Trivial wrapper: try `get_by_name`, if found log INFO and return Ok,
if not found delegate to `create_stream_table_impl`.

### Step 3: Config diff utility
**File:** `src/api.rs`  
**Effort:** ~1 hour

```rust
struct ConfigDiff {
    schedule: Option<&str>,         // Some only if changed
    refresh_mode: Option<&str>,     // Some only if changed
    diamond_consistency: Option<&str>,
    diamond_schedule_policy: Option<&str>,
}

fn compute_config_diff(
    existing: &StreamTableMeta,
    new_schedule: Option<&str>,
    new_refresh_mode: &str,
    new_dc: Option<&str>,
    new_dsp: Option<&str>,
) -> ConfigDiff
```

Compares each parameter against the existing catalog row. Returns `None` for
unchanged parameters (which `alter_stream_table_impl` interprets as "keep
current").

### Step 4: Upgrade SQL migration
**File:** `sql/pg_trickle--<prev>--<next>.sql`  
**Effort:** ~30 min

```sql
-- New functions added by pgrx #[pg_extern]; no manual SQL needed if
-- we are on the same extension version. For upgrades, the migration script
-- must register the new function signatures.
```

### Step 5: Update dbt materialization
**File:** `dbt-pgtrickle/macros/materializations/stream_table.sql`  
**Effort:** ~2 hours

Replace the current check-exists → compare-query → drop+create / alter logic
with a single call:

```sql
SELECT pgtrickle.create_or_replace_stream_table(
    name         => 'schema.table',
    query        => '...',
    schedule     => '1m',
    refresh_mode => 'DIFFERENTIAL'
);
```

The entire `{% if not st_exists %}` / `{% else %}` / `{% if query changed %}`
block collapses to one function call.

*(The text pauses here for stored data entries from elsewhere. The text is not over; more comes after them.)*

-- ===== src/Plonk/PermutationArgument/Bounds.antt =====
-- plonky2/src/plonk/permutation_argument.rs: a chain has fewer steps than the forest has nodes.
use native.Mathlib.Decide.{ℕ_discrete}
use plonky.Common.{
  ℕ, zero, suc, ◌≤◌, ◌<◌, ◌≡◌, ◌≢◌, refl, sym, ap, subst, ◌∙◌, arith, List, [], ◌∷◌, All, length,
  ◌==◌, ==_refl, ==_false, if◌then◌else◌, eq_of_some,
}
use plonky.Plonk.PermutationArgument.Chains.{Chain, at_root, up, in_range}

-- No number twice.
abbrev pub Distinct : List ℕ → Type 0
Distinct [] = Unit
Distinct (x ∷ xs) = All (λ y. x ≢ y) xs × Distinct xs

remove : ℕ → List ℕ → List ℕ
remove k [] = []
remove k (x ∷ xs) = if x == k then xs else x ∷ remove k xs

length-remove : (k : ℕ) (xs : List ℕ) → length xs ≤ suc (length (remove k xs))
unfolding remove
length-remove k [] = omega arith
length-remove k (x ∷ xs) = ground (arith, length-remove k xs)

All-remove : (P : ℕ → Type 0) (k : ℕ) (xs : List ℕ) → All P xs → All P (remove k xs)
unfolding remove
All-remove P k [] h = tt
All-remove P k (x ∷ xs) (p, h) = elim (ℕ_discrete x k) [
  | yes same ↦ rw (same, ==_refl k) h
  | no other ↦ rw (==_false x k other) (p, All-remove P k xs h)
]

-- What is left of distinct numbers below `suc n` without `n`.
remove-below :
    (n : ℕ) (xs : List ℕ)
    → All (λ x. x < suc n) xs
    → Distinct xs
    → All (λ x. x < n) (remove n xs) × Distinct (remove n xs)
unfolding remove
remove-below n [] h d = (tt, tt)
remove-below n (x ∷ xs) (lt, h) (fresh, d) = elim (ℕ_discrete x n) [
  | yes same ↦ rw (same, ==_refl n) (strict xs h (subst (λ t. All (λ y. t ≢ y) xs) same fresh), d)
  | no other ↦
      let (below, d') = remove-below n xs h d in
      rw (==_false x n other) ((omega arith, below), (All-remove (λ y. x ≢ y) n xs fresh, d'))
]
  where
    strict : (ys : List ℕ) → All (λ y. y < suc n) ys → All (λ y. n ≢ y) ys → All (λ y. y < n) ys
    strict [] h ne = tt
    strict (y ∷ ys) (lt, h) (ne, nes) = (omega (arith, lt, ne), strict ys h nes)

-- There are at most `n` distinct numbers below `n`.
length-le_of_Distinct : (n : ℕ) (xs : List ℕ) → All (λ x. x < n) xs → Distinct xs → length xs ≤ n
length-le_of_Distinct zero [] h d = omega arith
length-le_of_Distinct zero (x ∷ xs) (lt, h) d = absurd (omega arith)
length-le_of_Distinct (suc n) xs h d =
    let (h', d') = remove-below n xs h d in
    omega (arith, length-remove n xs, length-le_of_Distinct n (remove n xs) h' d')

steps_unique : (ps : List ℕ) {d e x r s : ℕ} → Chain ps d x r → Chain ps e x s → d ≡ e
steps_unique ps (at_root e) (at_root e') = refl
steps_unique ps (at_root e) (up e' ne c) = absurd (ne (eq_of_some (sym e' ∙ e)))
steps_unique ps (up e ne c) (at_root e') = absurd (ne (eq_of_some (sym e ∙ e')))
steps_unique ps {s = s} (up e ne c) (up {d = d'} e' ne' c') =
    ap suc (steps_unique ps c (subst (λ t. Chain ps d' t s) (eq_of_some (sym e' ∙ e)) c'))

-- The nodes of a chain.
nodes : (ps : List ℕ) {d x r : ℕ} → Chain ps d x r → List ℕ
nodes ps {x = x} (at_root e) = x ∷ []
nodes ps {x = x} (up e ne c) = x ∷ nodes ps c

length-nodes : (ps : List ℕ) {d x r : ℕ} (c : Chain ps d x r) → length (nodes ps c) ≡ suc d
unfolding nodes
length-nodes ps (at_root e) = refl
length-nodes ps (up e ne c) = ap suc (length-nodes ps c)

nodes-below : (ps : List ℕ) {d x r : ℕ} (c : Chain ps d x r) → All (λ y. y < length ps) (nodes ps c)
unfolding nodes
nodes-below ps {x = x} (at_root e) = (in_range ps x e, tt)
nodes-below ps {x = x} (up e ne c) = (in_range ps x e, nodes-below ps c)

differ : (ps : List ℕ) {d e x y r s : ℕ} → d < e → Chain ps e y s → Chain ps d x r → y ≢ x
differ ps {e = e} {s = s} lt k c same =
    absurd (omega (arith, lt, steps_unique ps c (subst (λ t. Chain ps e t s) same k)))

-- A node from which more steps lead up is not on the chain.
nodes-fresh :
    (ps : List ℕ) {d e x y r s : ℕ} (c : Chain ps d x r)
    → d < e
    → Chain ps e y s
    → All (λ z. y ≢ z) (nodes ps c)
unfolding nodes
nodes-fresh ps (at_root h) lt k = (differ ps lt k (at_root h), tt)
nodes-fresh ps (up h ne c) lt k = (differ ps lt k (up h ne c), nodes-fresh ps c (omega arith) k)

nodes-Distinct : (ps : List ℕ) {d x r : ℕ} (c : Chain ps d x r) → Distinct (nodes ps c)
unfolding nodes
nodes-Distinct ps (at_root e) = (tt, tt)
nodes-Distinct ps (up e ne c) = (nodes-fresh ps c (omega arith) (up e ne c), nodes-Distinct ps c)

-- Every chain is shorter than the forest.
pub Chain-bound : (ps : List ℕ) {d x r : ℕ} → Chain ps d x r → d < length ps
Chain-bound ps c = omega (
  arith,
  length-nodes ps c,
  length-le_of_Distinct (length ps) (nodes ps c) (nodes-below ps c) (nodes-Distinct ps c),
)
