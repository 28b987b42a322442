-- ===== src/Plonk/PermutationArgument/Find.antt =====
-- plonky2/src/plonk/permutation_argument.rs: `find`.
use native.Mathlib.Decide.{ℕ_discrete}
use plonky.Common.{
  ℕ, zero, suc, ◌+◌, ◌≤◌, ◌<◌, ◌≡◌, refl, sym, ap, ◌∙◌, arith, some, List, length, get_elem?, set,
  ◌==◌, ==_refl, ==_false, if◌then◌else◌, get_elem?-set_self, get_elem?-set_ne, length-set, inl,
  inr, eq_of_some, >>=-eq-some, Bool-cases,
}
use plonky.Plonk.PermutationArgument.{find, find_representative, compress_chain}
use plonky.Plonk.PermutationArgument.Chains.{Chain, at_root, up, set-Chain, in_range}

find_representative-Chain :
    (fuel : ℕ) (ps : List ℕ) {d x r : ℕ}
    → d < fuel
    → Chain ps d x r
    → find_representative fuel ps x ≡ some r
unfolding find_representative
find_representative-Chain zero ps h c = absurd (omega arith)
find_representative-Chain (suc fuel) ps h (at_root {x = x} e) = rw (e, ==_refl x) refl
find_representative-Chain (suc fuel) ps h (up {x = x} {p = p} e ne c) =
    rw (e, ==_false p x ne) (find_representative-Chain fuel ps (omega arith) c)

-- A node that points at the representative still does.
compress_chain-shortcut :
    (fuel : ℕ) (ps : List ℕ) (x r w : ℕ) (ps' : List ℕ)
    → compress_chain fuel ps x r ≡ some ps'
    → get_elem? ps w ≡ some r
    → get_elem? ps' w ≡ some r
unfolding compress_chain
compress_chain-shortcut zero ps x r w ps' h e = cc
compress_chain-shortcut (suc fuel) ps x r w ps' h e =
    let next = λ (old : ℕ). compress_chain fuel (set ps x r) old r in
    let (old, here, h') =
      >>=-eq-some (get_elem? ps x) (λ old. if old == x then some ps else next old) h in
    let kept : get_elem? (set ps x r) w ≡ some r = elim (ℕ_discrete x w) [
      | yes same ↦
          ap (get_elem? (set ps x r)) (sym same) ∙ get_elem?-set_self ps x r (in_range ps x here)
      | no other ↦ get_elem?-set_ne ps r other ∙ e
    ] in
    elim (Bool-cases (old == x)) [
      | inl done ↦
          let same : ps ≡ ps' =
            eq_of_some (sym (ap (λ b. if b then some ps else next old) done) ∙ h') in
          ap (λ l. get_elem? l w) (sym same) ∙ e
      | inr more ↦
          compress_chain-shortcut fuel (set ps x r) old r w ps'
            (sym (ap (λ b. if b then some ps else next old) more) ∙ h') kept
    ]

compress_chain-Chain :
    (fuel : ℕ) (ps : List ℕ) {d x r e z s : ℕ}
    → d < fuel
    → Chain ps d x r
    → Chain ps e z s
    → (ps' : List ℕ) × (compress_chain fuel ps x r ≡ some ps')
      × (length ps' ≡ length ps)
      × (get_elem? ps' x ≡ some r)
      × (e' : ℕ) × (e' ≤ e)
      × Chain ps' e' z s
unfolding compress_chain
compress_chain-Chain zero ps h c k = absurd (omega arith)
compress_chain-Chain (suc fuel) ps {e = e} h (at_root {x = x} hx) k =
    (ps, rw (hx, ==_refl x) refl, refl, hx, e, omega arith, k)
compress_chain-Chain (suc fuel) ps {r = r} h (up {x = x} {p = p} hx ne c) k =
    let (d', le, c1) = set-Chain ps hx ne c c in
    let (e', le', k1) = set-Chain ps hx ne c k in
    let (ps', run, len, _, e'', le'', k2) =
      compress_chain-Chain fuel (set ps x r) (omega (arith, le)) c1 k1 in
    (
      ps',
      rw (hx, ==_false p x ne) run,
      len ∙ length-set ps x r,
      compress_chain-shortcut fuel (set ps x r) p r x ps' run
          (get_elem?-set_self ps x r (in_range ps x hx)),
      e'',
      omega (arith, le', le''),
      k2,
    )

-- In a forest where `x` leads to the root `r` in no more steps than there are nodes, and `z` leads
-- to the root `s`: `find` of `x` ends without a panic and returns `r`; afterwards the forest has
-- the same nodes, the parent of `x` is `r`, and `z` leads to `s` in no more steps than before.
pub find-Chain :
    (ps : List ℕ) (d x r e z s : ℕ)
    → d ≤ length ps
    → Chain ps d x r
    → Chain ps e z s
    → (ps' : List ℕ) × (find ps x ≡ some (ps', r))
      × (length ps' ≡ length ps)
      × (get_elem? ps' x ≡ some r)
      × (e' : ℕ) × (e' ≤ e)
      × Chain ps' e' z s
unfolding find
find-Chain ps d x r e z s h c k =
    let (ps', run, len, short, e', le, k') =
      compress_chain-Chain (length ps + 2) ps (omega (arith, h)) c k in
    (
      ps',
      rw (find_representative-Chain (length ps + 1) ps (omega (arith, h)) c, run) refl,
      len,
      short,
      e',
      le,
      k',
    )
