-- ===== src/Plonk/PermutationArgument/Merge.antt =====
-- plonky2/src/plonk/permutation_argument.rs: `merge`.
use native.Mathlib.Decide.{ℕ_discrete}
use plonky.Common.{
  ℕ, suc, ◌≤◌, ◌≡◌, ◌≢◌, refl, sym, ap, subst, ◌∙◌, arith, some, List, length, get_elem?, set, ◌==◌,
  ==_refl, ==_false, if◌then◌else◌, get_elem?-set_self, get_elem?-set_ne, length-set, eq_of_some,
}
use plonky.Plonk.PermutationArgument.{Forest, Target, target_index, find, merge, with_parents}
use plonky.Plonk.PermutationArgument.Chains.{Chain, at_root, up, in_range, root_of}
use plonky.Plonk.PermutationArgument.Find.{find-Chain}

-- The root of a node with root `s`, once the root `y` hangs under the root `x`.
abbrev pub joined : ℕ → ℕ → ℕ → ℕ
joined x y s = if s == y then x else s

set-root :
    (ps : List ℕ) (x y : ℕ)
    → get_elem? ps x ≡ some x
    → get_elem? ps y ≡ some y
    → x ≢ y
    → {e z s : ℕ} → Chain ps e z s
    → (e' : ℕ) × (e' ≤ suc e) × Chain (set ps y x) e' z (joined x y s)
set-root ps x y hx hy ne (at_root {x = z} h) = elim (ℕ_discrete z y) [
  | yes same ↦
      let root : joined x y z ≡ x =
        ap (joined x y) same ∙ ap (λ b. if b then x else y) (==_refl y) in
      (
        1,
        omega arith,
        subst (Chain (set ps y x) 1 z) (sym root) (
            up (ap (get_elem? (set ps y x)) same ∙ get_elem?-set_self ps y x (in_range ps y hy))
              (λ e. ne (e ∙ same)) (at_root (get_elem?-set_ne ps x (λ e. ne (sym e)) ∙ hx))),
      )
  | no other ↦ (
    0,
    omega arith,
    subst (Chain (set ps y x) 0 z) (sym (ap (λ b. if b then x else z) (==_false z y other)))
        (at_root (get_elem?-set_ne ps x (λ e. other (sym e)) ∙ h)),
  )
]
set-root ps x y hx hy ne (up {x = z} h up_ne c) =
    let (e', le, c') = set-root ps x y hx hy ne c in
    let other : y ≢ z =
      λ same. up_ne (eq_of_some (sym h ∙ ap (get_elem? ps) (sym same) ∙ hy) ∙ same) in
    (suc e', omega (arith, le), up (get_elem?-set_ne ps x other ∙ h) up_ne c')

joined_same : (x y s : ℕ) → x ≡ y → joined x y s ≡ s
joined_same x y s same = ground arith

-- The parents at the end of `merge`.
abbrev linked : List ℕ → ℕ → ℕ → List ℕ
linked ps x y = if x == y then ps else set ps y x

link :
    (ps : List ℕ) (x y e z s : ℕ)
    → get_elem? ps x ≡ some x
    → get_elem? ps y ≡ some y
    → Chain ps e z s
    → (length (linked ps x y) ≡ length ps)
      × (e' : ℕ) × (e' ≤ suc e)
      × Chain (linked ps x y) e' z (joined x y s)
link ps x y e z s hx hy c = elim (ℕ_discrete x y) [
  | yes same ↦
      let kept : linked ps x y ≡ ps =
        ap (λ b. if b then ps else set ps y x) (ap (λ t. x == t) (sym same) ∙ ==_refl x) in
      (
        ap length kept,
        e,
        omega arith,
        subst (λ l. Chain l e z (joined x y s)) (sym kept)
            (subst (Chain ps e z) (sym (joined_same x y s same)) c),
      )
  | no other ↦
      let new_root : linked ps x y ≡ set ps y x =
        ap (λ b. if b then ps else set ps y x) (==_false x y other) in
      let (e', le, c') = set-root ps x y hx hy other c in
      (
        ap length new_root ∙ length-set ps y x,
        e',
        le,
        subst (λ l. Chain l e' z (joined x y s)) (sym new_root) c',
      )
]

-- Two uses of `find` on one forest follow two chains at once.
find_two :
    (ps : List ℕ) (d x r e y s f z t : ℕ)
    → d ≤ length ps
    → Chain ps d x r
    → Chain ps e y s
    → Chain ps f z t
    → (ps' : List ℕ) × (find ps x ≡ some (ps', r))
      × (length ps' ≡ length ps)
      × (get_elem? ps' r ≡ some r)
      × (e' : ℕ) × (e' ≤ e)
      × Chain ps' e' y s
      × (f' : ℕ) × (f' ≤ f)
      × Chain ps' f' z t
find_two ps d x r e y s f z t h c cy cz =
    let (ps', run, len, _, e', le, cy') = find-Chain ps d x r e y s h c cy in
    let (ps2, run2, _, _, f', lf, cz') = find-Chain ps d x r f z t h c cz in
    let (ps3, run3, _, _, _, _, cx) = find-Chain ps d x r d x r h c c in
    let e2 : ps2 ≡ ps' = ap (λ o. o.0) (eq_of_some (sym run2 ∙ run)) in
    let e3 : ps3 ≡ ps' = ap (λ o. o.0) (eq_of_some (sym run3 ∙ run)) in
    (
      ps',
      run,
      len,
      ap (λ l. get_elem? l r) (sym e3) ∙ root_of ps3 cx,
      e',
      le,
      cy',
      f',
      lf,
      subst (λ l. Chain l f' z t) e2 cz',
    )

-- In a forest where two targets and a node `z` lead to the roots `rx`, `ry` and `s`, each in no
-- more steps than there are nodes: `merge` of the targets ends without a panic, the forest keeps
-- its number of nodes, and `z` then leads to `rx` if its root was `ry`, and to `s` otherwise, in at
-- most one step more than before.
pub merge-Chain :
    (forest : Forest) (tx ty : Target) (dx rx dy ry e z s : ℕ)
    → dx ≤ length forest.parents
    → dy ≤ length forest.parents
    → Chain forest.parents dx (target_index forest tx) rx
    → Chain forest.parents dy (target_index forest ty) ry
    → Chain forest.parents e z s
    → (forest' : Forest) × (merge forest tx ty ≡ some forest')
      × (length forest'.parents ≡ length forest.parents)
      × (e' : ℕ) × (e' ≤ suc e)
      × Chain forest'.parents e' z (joined rx ry s)
unfolding merge
merge-Chain forest tx ty dx rx dy ry e z s hx hy cx cy cz =
    let ps = forest.parents in
    let y = target_index forest ty in
    let (ps1, run1, len1, root1, dy1, ley, cy1, e1, le1, cz1) =
      find_two ps dx (target_index forest tx) rx dy y ry e z s hx cx cy cz in
    let enough : dy1 ≤ length ps1 = omega (arith, ley, len1, hy) in
    let (ps2, run2, len2, root2, _, _, croot, e2, le2, cz2) =
      find_two ps1 dy1 y ry 0 rx rx e1 z s enough cy1 (at_root root1) cz1 in
    let (len, e', le, c) = link ps2 rx ry e2 z s (root_of ps2 croot) root2 cz2 in
    (
      with_parents forest (linked ps2 rx ry),
      rw (run1, run2) refl,
      len ∙ len2 ∙ len1,
      e',
      omega (arith, le, le2, le1),
      c,
    )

The dbt materialization becomes
dramatically simpler.

Keep backward compatibility: if the function doesn't exist (older pgtrickle
version), fall back to the current drop+create pattern.

### Step 6: Documentation
**Files:** `docs/SQL_REFERENCE.md`, `docs/FAQ.md`, `docs/GETTING_STARTED.md`  
**Effort:** ~2 hours

- Add `create_or_replace_stream_table` and `create_stream_table_if_not_exists`
  to the SQL reference.
- Update the "How do I change a stream table's query?" FAQ answer.
- Add deployment best-practices section recommending `create_or_replace` for
  migration scripts.

### Step 7: Tests
**File:** `tests/e2e_create_or_replace_tests.rs` (new)  
**Effort:** ~4 hours

| Test | Scenario |
|---|---|
| `test_cor_creates_when_not_exists` | Stream table doesn't exist → created |
| `test_cor_noop_when_identical` | Same query + config → no-op, no full refresh |
| `test_cor_alters_config_only` | Same query, different schedule → alter |
| `test_cor_replaces_query_same_schema` | Different query, same output columns → in-place replace |
| `test_cor_replaces_query_new_columns` | Different query, added columns → storage migration |
| `test_cor_replaces_query_incompatible` | Column type change → full rebuild |
| `test_cor_replaces_query_and_config` | Both query and schedule changed → both applied |
| `test_cor_immediate_mode` | Create-or-replace with IMMEDIATE mode |
| `test_cor_differential_to_full` | Existing DIFFERENTIAL, replace with FULL mode + new query |
| `test_cor_concurrent_readers` | Readers see old data during replace, new data after |
| `test_if_not_exists_creates` | Doesn't exist → created |
| `test_if_not_exists_noop` | Exists → no-op regardless of query/config differences |
| `test_cor_dbt_integration` | dbt materialization uses create_or_replace |

---

## 7. Sequencing & Dependencies

```
PLAN_ALTER_QUERY (Step 1: refactor)
        │
        ├──► PLAN_ALTER_QUERY (Steps 2-5: core ALTER QUERY)
        │           │
        │           ▼
        │    PLAN_CREATE_OR_REPLACE (Steps 1-3: core function)
        │           │
        │           ├──► Step 4: upgrade SQL
        │           ├──► Step 5: dbt materialization
        │           ├──► Step 6: docs
        │           └──► Step 7: tests
        │
        └──► PLAN_CREATE_OR_REPLACE (Step 2: IF NOT EXISTS)
```

`create_or_replace` depends on the ALTER QUERY implementation from
[PLAN_ALTER_QUERY.md](PLAN_ALTER_QUERY.md) being complete first. The
`if_not_exists` variant has no dependency on ALTER QUERY and can be
implemented immediately.

---

## 8. Alternatives Considered

### A. Single `upsert_stream_table` function

Combine create, alter, and replace into one function named `upsert`.

**Rejected:** "Upsert" is a DML concept. `CREATE OR REPLACE` is the
established PostgreSQL DDL convention and instantly communicates intent
to any PostgreSQL developer.

### B. `replace_stream_table` (always drop + create)

A function that always drops and recreates, without the smart diffing.

**Rejected:** Loses all advantages of in-place ALTER (preserved OID,
no data gap, retained metadata). If users want this behavior they can
call `drop_stream_table` + `create_stream_table` explicitly.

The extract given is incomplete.